Anyway, just want to share one link.
MongoDB is licensed under the AGPL, and interestingly, its licensing page says the following:
“To make the above practical, we promise that your client application which uses the database is a separate work. To facilitate this, the mongodb.org supported drivers (the part you link with your application) are released under Apache license, which is copyleft free.”
AGPL says others cannot improve MongoDB privately, then offer services based on their “enhanced versions,” without at least making those improvements available to MongoDB, Inc. (among others).
The AGPL is a response to criticism in the open source community that many cloud operators, Internet service providers, and some HPC and financal industry shops devote enormous resources to tuning, tweaking, and improving their open source deployments, yet because they never “distribute” products based on the code, are effectively immune to copyleft.
Distribution is the triggering event for when you have to share your improvements under GPL, yet many large, technically- and economically-important organizations are exempt from that. “Not fair!” thought the open source community. “You’re taking advantage of our work, yet making limited or marginal contributions back to the community!”
– Jonathan Eunice
Just to be clear, the parts that I would like to have a stronger copy-left over would be those I circled in red (free-hand of course)

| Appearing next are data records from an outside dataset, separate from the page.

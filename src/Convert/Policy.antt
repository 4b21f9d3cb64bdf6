-- ===== src/Convert/Policy.antt =====
-- api/v1alpha1/dbaaspolicy_conversion.go
pub mod RoundTrip
use dbaas_operator.Prelude.{none, some}
use dbaas_operator.Api.V1alpha1
use dbaas_operator.Api.V1beta1

-- A field is copied only if it is not nil, over a destination where it is nil.
unfoldable pub convert_to : V1alpha1.DbaasPolicy → V1beta1.DbaasPolicy
convert_to src = record {
  meta = src.meta;
  spec = record {
    disable_provisions = elim src.spec.disable_provisions [ none ↦ none | some b ↦ some b ];
    connections = record {
      namespaces = elim src.spec.connection_namespaces [ none ↦ none | some l ↦ some l ];
      ns_selector = elim src.spec.connection_ns_selector [ none ↦ none | some s ↦ some s ];
    };
  };
  status = record { conditions = src.status.conditions };
}

unfoldable pub convert_from : V1beta1.DbaasPolicy → V1alpha1.DbaasPolicy
convert_from src = record {
  meta = src.meta;
  spec = record {
    disable_provisions = elim src.spec.disable_provisions [ none ↦ none | some b ↦ some b ];
    connection_namespaces = elim src.spec.connections.namespaces [ none ↦ none | some l ↦ some l ];
    connection_ns_selector = elim src.spec.connections.ns_selector [
      | none ↦ none
      | some s ↦ some s
    ];
  };
  status = record { conditions = src.status.conditions };
}
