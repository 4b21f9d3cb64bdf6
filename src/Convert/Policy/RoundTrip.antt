-- ===== src/Convert/Policy/RoundTrip.antt =====
-- The two versions of a policy say the same.
use dbaas_operator.Prelude.{◌≡◌, arith}
use dbaas_operator.Api.V1alpha1
use dbaas_operator.Api.V1beta1
use dbaas_operator.Convert.Policy.{convert_to, convert_from}

-- A v1beta1 policy comes back from v1alpha1 as it was.
pub policy_to_from : (p : V1beta1.DbaasPolicy) → convert_to (convert_from p) ≡ p
unfolding convert_from convert_to
policy_to_from p = ground arith

-- A v1alpha1 policy comes back from v1beta1 as it was.
pub policy_from_to : (p : V1alpha1.DbaasPolicy) → convert_from (convert_to p) ≡ p
unfolding convert_from convert_to
policy_from_to p = ground arith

p.s. This is just an architectural DRAFT .
Note: An updated version of the diagram (still not final) is available here!
One important thing to keep in mind: It might be generally better to get started using a more restrictive license, that can be replaced with a more permissive one later (with the reasonable assumption that the contributors would consent), than to start off with a permissive license and decide to change it later to a less permissive one.
The reason is that, if we change to a more restrictive license, all of the code that was made available up to that point will remain available under the previous permissive license. (technically, they will be subject to dual licensing, until modified).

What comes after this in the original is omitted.